* Saved entries *
------------------------------------------------------------
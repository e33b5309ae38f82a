-- ===== src/Merkle/Range.antt =====
-- crypto/merkle/tree.go, `hashRange`, `RootAt` and `Root`, and the RFC's tree head of the ranges that
-- the RFC's recursion visits: those that start at a multiple of a power of two not below their length.
use otvoren_vot.Prelude.{
  ℕ, zero, suc, ◌+◌, ◌-◌, ◌*◌, ◌^◌, ◌≤◌, ◌<◌, ◌≡◌, refl, ap, sym, subst, ◌∙◌, true, false, List, [],
  arith, length, take, drop, Bytes, ◌==◌, two_pow-suc, two_pow_pos, length-take, inl, inr, bit_and,
  len64_lem, shr, trailing_zeros64, trailing_zeros64-two_pow, bit_and-two_pow, bit_and_between,
  bit_and_multiple, shr-shl, le-cases, take-take, drop-take, drop-drop, lt-two_pow, take_all,
  le→ltb,
}
use otvoren_vot.Merkle.Hash.{Hash, ok, ◌>>=◌, index, node_hash, empty_root}
use otvoren_vot.Merkle.Tree.{Tree, size, split_point, hash_range_from, hash_range, root, root_at}
use otvoren_vot.Merkle.Spec.{
  tree_hash, mth, mth_lem, tree_hash_small, tree_hash_split, slice, length-slice,
}
use otvoren_vot.Merkle.Levels.{HasLevels, Holds, entry, size-Holds}

pub split_point_lem : (j n : ℕ) → 2 ^ j < n → n ≤ 2 ^ suc j → split_point n ≡ 2 ^ j
unfolding split_point
split_point_lem j n p q =
    let e : suc j - 1 ≡ j = omega arith in
    rw (len64_lem j (n - 1) (omega arith) (omega (arith, two_pow_pos j)), e) (omega arith)

pub take-slice {ℓ} :
    {A : Type ℓ} (k lo hi : ℕ) (xs : List A)
    → lo + k ≤ hi
    → take k (slice lo hi xs) ≡ slice lo (lo + k) xs
take-slice k lo hi xs h =
    let e : lo + k - lo ≡ k = omega arith in rw e (take-take k (hi - lo) (drop lo xs) (omega arith))

pub drop-slice {ℓ} :
    {A : Type ℓ} (k lo hi : ℕ) (xs : List A)
    → lo + k ≤ hi
    → drop k (slice lo hi xs) ≡ slice (lo + k) hi xs
drop-slice k lo hi xs h =
    let e : hi - lo ≡ k + (hi - (lo + k)) = omega arith in
    rw (e, drop-take k (hi - (lo + k)) (drop lo xs), drop-drop k lo xs)

module _ (sha256 : Bytes → Bytes) where
  tree_hash_nil : (j : ℕ) → tree_hash sha256 j [] ≡ empty_root sha256
  unfolding tree_hash
  tree_hash_nil zero = refl
  tree_hash_nil (suc j) =
      tree_hash_small sha256 j [] (omega (arith, two_pow_pos j)) ∙ tree_hash_nil j

  module _ (levels : List (List Hash)) (leaves : List Hash)
      (v : HasLevels sha256 levels leaves) where
    range_empty :
        (f lo hi : ℕ)
        → hi ≡ lo
        → hash_range_from sha256 (suc f) levels lo hi ≡ ok (empty_root sha256)
    unfolding hash_range_from
    range_empty f lo hi h = let e : hi - lo ≡ 0 = omega arith in rw (e, hash_range_from)

    range_complete :
        (j f a lo hi : ℕ)
        → lo ≡ a * 2 ^ j
        → hi ≡ lo + 2 ^ j
        → hi ≤ length leaves
        → hash_range_from sha256 (suc f) levels lo hi ≡ ok (tree_hash sha256 j (slice lo hi leaves))
    unfolding hash_range_from
    range_complete j f a lo hi p q h =
        let e : hi - lo ≡ 2 ^ j = omega arith in
        let z : (hi - lo == 0) ≡ false = ground (arith, two_pow_pos j) in
        let t : (bit_and (hi - lo) (hi - lo - 1) == 0) ≡ true = rw (e, bit_and-two_pow j) in
        let u : (bit_and lo (hi - lo - 1) == 0) ≡ true = rw (e, p, bit_and_multiple j a) in
        let level : trailing_zeros64 (hi - lo) ≡ j = rw e (trailing_zeros64-two_pow j) in
        let at : shr lo j ≡ a = rw p (shr-shl a j) in
        let end : suc a * 2 ^ j ≡ hi = omega arith in
        rw (z, hash_range_from)
          (rw t (
            rw u (
              rw (level, at)
                (subst
                  (λ x.
                    (index levels j >>= λ row. index row a)
                    ≡ ok (tree_hash sha256 j (slice x hi leaves)))
                  (sym p)
                  (subst
                    (λ x.
                      (index levels j >>= λ row. index row a)
                      ≡ ok (tree_hash sha256 j (slice (a * 2 ^ j) x leaves)))
                    end (entry sha256 j a levels leaves v (omega arith)))))))

    range_split :
        (j f lo hi : ℕ) (l r : Hash)
        → lo + 2 ^ j < hi
        → hi < lo + 2 ^ suc j
        → hash_range_from sha256 f levels lo (lo + 2 ^ j) ≡ ok l
        → hash_range_from sha256 f levels (lo + 2 ^ j) hi ≡ ok r
        → hash_range_from sha256 (suc f) levels lo hi ≡ ok (node_hash sha256 l r)
    unfolding hash_range_from
    range_split j f lo hi l r p q hl hr =
        let z : (hi - lo == 0) ≡ false = ground arith in
        let b : 0 < bit_and (hi - lo) (hi - lo - 1) =
          bit_and_between j (hi - lo) (omega arith) (omega arith) in
        let t : (bit_and (hi - lo) (hi - lo - 1) == 0) ≡ false = ground arith in
        rw (z, hash_range_from)
          (rw (t, split_point_lem j (hi - lo) (omega arith) (omega arith), hl, hr))

    range_lem :
        (j f a lo hi : ℕ)
        → lo ≡ a * 2 ^ j
        → lo ≤ hi
        → hi - lo < f
        → hi - lo ≤ 2 ^ j
        → hi ≤ length leaves
        → hash_range_from sha256 f levels lo hi ≡ ok (tree_hash sha256 j (slice lo hi leaves))
    range_lem j zero a lo hi p q r s h = absurd (omega arith)
    range_lem zero (suc f) a lo hi p q r s h = elim (le-cases hi lo) [
      | inl e ↦
          let n : hi - lo ≡ 0 = omega arith in
          range_empty f lo hi (omega arith) ∙ rw n (ap ok (sym (tree_hash_nil 0)))
      | inr l ↦ range_complete 0 f a lo hi p (omega arith) h
    ]
    range_lem (suc j) (suc f) a lo hi p q r s h =
        let lower : lo ≡ 2 * a * 2 ^ j = omega (arith, ap (λ (t : ℕ). a * t) (two_pow-suc j)) in
        let upper : lo + 2 ^ j ≡ (2 * a + 1) * 2 ^ j = omega arith in
        let double : 2 ^ suc j ≡ 2 * 2 ^ j = two_pow-suc j in
        elim (le-cases (hi - lo) (2 ^ j)) [
          | inl small ↦
              range_lem j (suc f) (2 * a) lo hi lower q r small h
              ∙ ap ok (
                  sym (
                    tree_hash_small sha256 j (slice lo hi leaves)
                      (omega (arith, length-slice lo hi leaves h))))
          | inr big ↦ elim (le-cases (2 ^ suc j) (hi - lo)) [
            | inl full ↦ range_complete (suc j) f a lo hi p (omega arith) h
            | inr part ↦
                range_split j f lo hi (tree_hash sha256 j (slice lo (lo + 2 ^ j) leaves))
                  (tree_hash sha256 j (slice (lo + 2 ^ j) hi leaves)) (omega arith) (omega arith)
                  (range_lem j f (2 * a) lo (lo + 2 ^ j) lower (omega arith) (omega arith)
                    (omega arith) (omega arith))
                  (range_lem j f (2 * a + 1) (lo + 2 ^ j) hi upper (omega arith)
                    (omega (arith, two_pow_pos j)) (omega arith) h)
                ∙ ap ok (
                    sym (
                      tree_hash_split sha256 j (slice lo hi leaves)
                        (omega (arith, length-slice lo hi leaves h))
                      ∙ rw (
                        take-slice (2 ^ j) lo hi leaves (omega arith),
                        drop-slice (2 ^ j) lo hi leaves (omega arith),
                      )))
          ]
        ]

    pub hash_range_lem :
        (j a lo hi : ℕ)
        → lo ≡ a * 2 ^ j
        → lo ≤ hi
        → hi - lo ≤ 2 ^ j
        → hi ≤ length leaves
        → hash_range sha256 levels lo hi ≡ ok (tree_hash sha256 j (slice lo hi leaves))
    unfolding hash_range
    hash_range_lem j a lo hi p q s h = range_lem j (suc (hi - lo)) a lo hi p q (omega arith) s h

    pub hash_range_prefix :
        (n : ℕ) → n ≤ length leaves → hash_range sha256 levels 0 n ≡ ok (mth sha256 (take n leaves))
    hash_range_prefix n h =
        let e : n - 0 ≡ n = omega arith in
        hash_range_lem n 0 0 n (omega arith) (omega arith) (omega (arith, lt-two_pow n)) h
        ∙ rw e (
            ap ok (
              mth_lem sha256 n (take n leaves) (omega (arith, length-take n leaves, lt-two_pow n))))

  -- `RootAt` gives the RFC tree head of the first n leaves for every size the tree has had.
  pub root_at_lem :
      (t : Tree) (leaves : List Hash) (n : ℕ)
      → Holds sha256 t leaves
      → n ≤ length leaves
      → root_at sha256 t n ≡ ok (mth sha256 (take n leaves))
  unfolding root_at
  root_at_lem t leaves n v h =
      rw (le→ltb (size t) n (omega (arith, size-Holds sha256 t leaves v)), root_at)
        (hash_range_prefix t.levels leaves v n h)

  root-hash_range : (t : Tree) → root sha256 t ≡ hash_range sha256 t.levels 0 (size t)
  unfolding root
  root-hash_range t = refl

  -- `Root` is the RFC tree head of all leaves.
  pub root_lem :
      (t : Tree) (leaves : List Hash)
      → Holds sha256 t leaves
      → root sha256 t ≡ ok (mth sha256 leaves)
  root_lem t leaves v =
      root-hash_range t
      ∙ ap (hash_range sha256 t.levels 0) (size-Holds sha256 t leaves v)
      ∙ hash_range_prefix t.levels leaves v (length leaves) (omega arith)
      ∙ ap (λ xs. ok (mth sha256 xs)) (take_all (length leaves) leaves (omega arith))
------------------------------------------------------------
* What is required *
Restate word for word the entries above, starting at the line with "take-slice (2 ^" and ending at the line with "hash_range_lem j a", inclusive, and no others.

* Result of this exercise *
                        take-slice (2 ^ j) lo hi leaves (omega arith),
                        drop-slice (2 ^ j) lo hi leaves (omega arith),
                      )))
          ]
        ]

    pub hash_range_lem :
        (j a lo hi : ℕ)
        → lo ≡ a * 2 ^ j
        → lo ≤ hi
        → hi - lo ≤ 2 ^ j
        → hi ≤ length leaves
        → hash_range sha256 levels lo hi ≡ ok (tree_hash sha256 j (slice lo hi leaves))
    unfolding hash_range
    hash_range_lem j a lo hi p q s h = range_lem j (suc (hi - lo)) a lo hi p q (omega arith) s h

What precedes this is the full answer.